-- ===== src/Dht/Network/Safety.antt =====
-- No message makes a node read a nil pointer, and every message keeps its ring well formed.
use task_discovery_service.Prelude.{
  ℕ, ◌≡◌, ◌⊎◌, refl, sym, ap, ◌∙◌, Bool, true, false, ◌||◌, Option, none, some, List, [], ◌∷◌, Text,
  ◌==◌, text_eq, if◌then◌else◌, arith, leb, leb→le, length, Bool-cases, Option-cases, inl, inr,
}
use task_discovery_service.Assoc.{lookup}
use task_discovery_service.Text.{codes}
use task_discovery_service.Dht.{NodeId, Node, Dht}
use task_discovery_service.Dht.Ring.Order.{IsBuilt, add_peer-IsBuilt}
use task_discovery_service.Dht.Ring.History.{IsBuilt-IsRing}
use task_discovery_service.Dht.Closest.{
  find_k_closest_nodes, self_among, am_i_in_k_closest, am_i_in_k_closest_locked,
}
use task_discovery_service.Dht.Closest.Selection.{
  ring-ne-nil, am_i_in_k_closest-locked, small_ring_closest,
}
use task_discovery_service.Dht.Storage.{
  or_nil, refresh, store_task, active_addresses, lookup_task, lookup_elsewhere,
}
use task_discovery_service.Dht.Network.{
  Json, Message, add_sender, in_k_closest, handle_store, found_reply, handle_find, dispatch,
  handle_message,
}

pub store_task-IsBuilt :
    (task addr : Text) (now : ℕ) (d : Dht) → IsBuilt d → IsBuilt (store_task task addr now d)
unfolding store_task
store_task-IsBuilt task addr now d b =
    elim (Option-cases (refresh addr now (or_nil (lookup task d.storage)))) [
      | inl e ↦
          rw (e, store_task) (record { built = b.built; distinct = b.distinct; keyed = b.keyed })
      | inr (es, e) ↦
          rw (e, store_task) (record { built = b.built; distinct = b.distinct; keyed = b.keyed })
    ]

List-cases {ℓ} : {A : Type ℓ} (l : List A) → (l ≡ []) ⊎ ((a : A) × (as' : List A) × (l ≡ a ∷ as'))
List-cases [] = inl refl
List-cases (a ∷ as') = inr (a, as', refl)

module _ (sha256 : Text → NodeId) (k timeout : ℕ) (json : Json) where
  pub add_sender-IsBuilt :
      (sender : Text) (now : ℕ) (d : Dht)
      → IsBuilt d
      → IsBuilt (add_sender sha256 k timeout json sender now d)
  unfolding add_sender
  add_sender-IsBuilt sender now d b = elim (Bool-cases (sender == [] || sender == d.self.address)) [
    | inl e ↦ rw e b
    | inr e ↦ rw e (add_peer-IsBuilt sha256 sender now d b)
  ]

  -- The short cut for a small ring, and the test that reads nodes, decide as the test of the
  -- cleanup does.
  pub in_k_closest-locked :
      (task : Text) (d : Dht)
      → IsBuilt d
      → in_k_closest sha256 k timeout json task d ≡ some (am_i_in_k_closest_locked sha256 task k d)
  unfolding in_k_closest
  in_k_closest-locked task d b =
      let same = am_i_in_k_closest-locked sha256 task k d (IsBuilt-IsRing d b) (ring-ne-nil d b) in
      elim (Bool-cases (leb (length d.ring) k)) [
        | inl e ↦
            rw e (sym (small_ring_closest sha256 task k d b (leb→le (length d.ring) k e)) ∙ same)
        | inr e ↦ rw e same
      ]

  not_forwarded :
      (query : Text → List Text) (closest : List (Option Node)) (d : Dht) (o : Option Bool)
      → o ≡ some true
      → lookup_elsewhere sha256 k timeout query closest d o ≡ some []
  not_forwarded query closest d none h = cc
  not_forwarded query closest d (some true) h = refl
  not_forwarded query closest d (some false) h = ground arith

  self_here :
      (query : Text → List Text) (task : Text) (d : Dht)
      → am_i_in_k_closest sha256 task k d ≡ some true
      → self_among d.self.id (find_k_closest_nodes sha256 task k d) ≡ some true
  unfolding am_i_in_k_closest
  self_here query task d h = h

  -- A node among the k closest answers a lookup from what it stores.
  pub lookup_task-responsible :
      (query : Text → List Text) (task : Text) (now : ℕ) (d : Dht)
      → IsBuilt d
      → am_i_in_k_closest_locked sha256 task k d ≡ true
      → lookup_task sha256 k timeout query task now d
        ≡ some (active_addresses (or_nil (lookup task d.storage)) now timeout)
  unfolding lookup_task
  lookup_task-responsible query task now d b r =
      let here = am_i_in_k_closest-locked sha256 task k d (IsBuilt-IsRing d b) (ring-ne-nil d b) in
      elim (List-cases (active_addresses (or_nil (lookup task d.storage)) now timeout)) [
        | inl e ↦
            rw (e, lookup_task)
              (not_forwarded query _ d _ (self_here query task d (here ∙ ap some r)))
        | inr (a, as', e) ↦ rw (e, lookup_task) refl
      ]

  -- The message was handled, with a well-formed ring left.
  abbrev pub IsHandled : Option (Option (Message json.Raw) × Dht) → Type 0
  IsHandled r =
      (answer : Option (Message json.Raw)) × (d' : Dht) × (r ≡ some (answer, d')) × IsBuilt d'

  handled :
      (answer : Option (Message json.Raw)) (d : Dht) → IsBuilt d → IsHandled (some (answer, d))
  handled answer d b = (answer, d, refl, b)

  IsHandled-if :
      (c : Bool) (x y : Option (Option (Message json.Raw) × Dht))
      → IsHandled x
      → IsHandled y
      → IsHandled (if c then x else y)
  IsHandled-if true x y h i = h
  IsHandled-if false x y h i = i

  store-IsHandled :
      (payload : Option (Text × Text)) (now : ℕ) (d : Dht)
      → IsBuilt d
      → IsHandled (handle_store sha256 k timeout json payload now d)
  store-IsHandled none now d b = handled _ d b
  store-IsHandled (some (task, addr)) now d b =
      rw (in_k_closest-locked task d b)
        (elim (Bool-cases (am_i_in_k_closest_locked sha256 task k d)) [
          | inl e ↦ rw e (handled _ _ (store_task-IsBuilt task addr now d b))
          | inr e ↦ rw e (handled _ d b)
        ])

  found-IsHandled :
      (task : Text) (d : Dht) (found : List Text)
      → IsBuilt d
      → IsHandled (found_reply sha256 k timeout json task d (some found))
  found-IsHandled task d [] b = handled _ d b
  found-IsHandled task d (a ∷ as') b = handled _ d b

  find-IsHandled :
      (query : Text → Text → List Text) (payload : Option Text) (now : ℕ) (d : Dht)
      → IsBuilt d
      → IsHandled (handle_find sha256 k timeout json query payload now d)
  find-IsHandled query none now d b = handled _ d b
  find-IsHandled query (some task) now d b =
      rw (in_k_closest-locked task d b)
        (elim (Bool-cases (am_i_in_k_closest_locked sha256 task k d)) [
          | inl e ↦
              rw (e, lookup_task-responsible (query task) task now d b e)
                (found-IsHandled task d _ b)
          | inr e ↦ rw e (handled _ d b)
        ])

  dispatch-IsHandled :
      (query : Text → Text → List Text) (msg : Message json.Raw) (now : ℕ) (d : Dht)
      → IsBuilt d
      → IsHandled (dispatch sha256 k timeout json query msg now d)
  unfolding dispatch
  dispatch-IsHandled query msg now d b =
      IsHandled-if (msg.kind == codes "PING") _ _ (handled _ d b) (
        IsHandled-if (msg.kind == codes "JOIN") _ _ (handled _ d b) (
          IsHandled-if (msg.kind == codes "STORE") _ _ (store-IsHandled _ now d b) (
            IsHandled-if (msg.kind == codes "FIND") _ _ (find-IsHandled query _ now d b)
              (handled none d b))))

  -- If the ring of a node is built from its peers, every message is handled without a nil
  -- pointer read, and the ring of the state that is left is again built from its peers.
  pub handle_message-IsBuilt :
      (query : Text → Text → List Text) (msg : Message json.Raw) (now : ℕ) (d : Dht)
      → IsBuilt d
      → IsHandled (handle_message sha256 k timeout json query msg now d)
  unfolding handle_message
  handle_message-IsBuilt query msg now d b =
      dispatch-IsHandled query msg now _ (add_sender-IsBuilt msg.sender now d b)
★ ★ ★ ★
(EXERCISE): Determine the number of lines above holding the string "elim". Reply with it and nothing more.

(RESPONSE): 6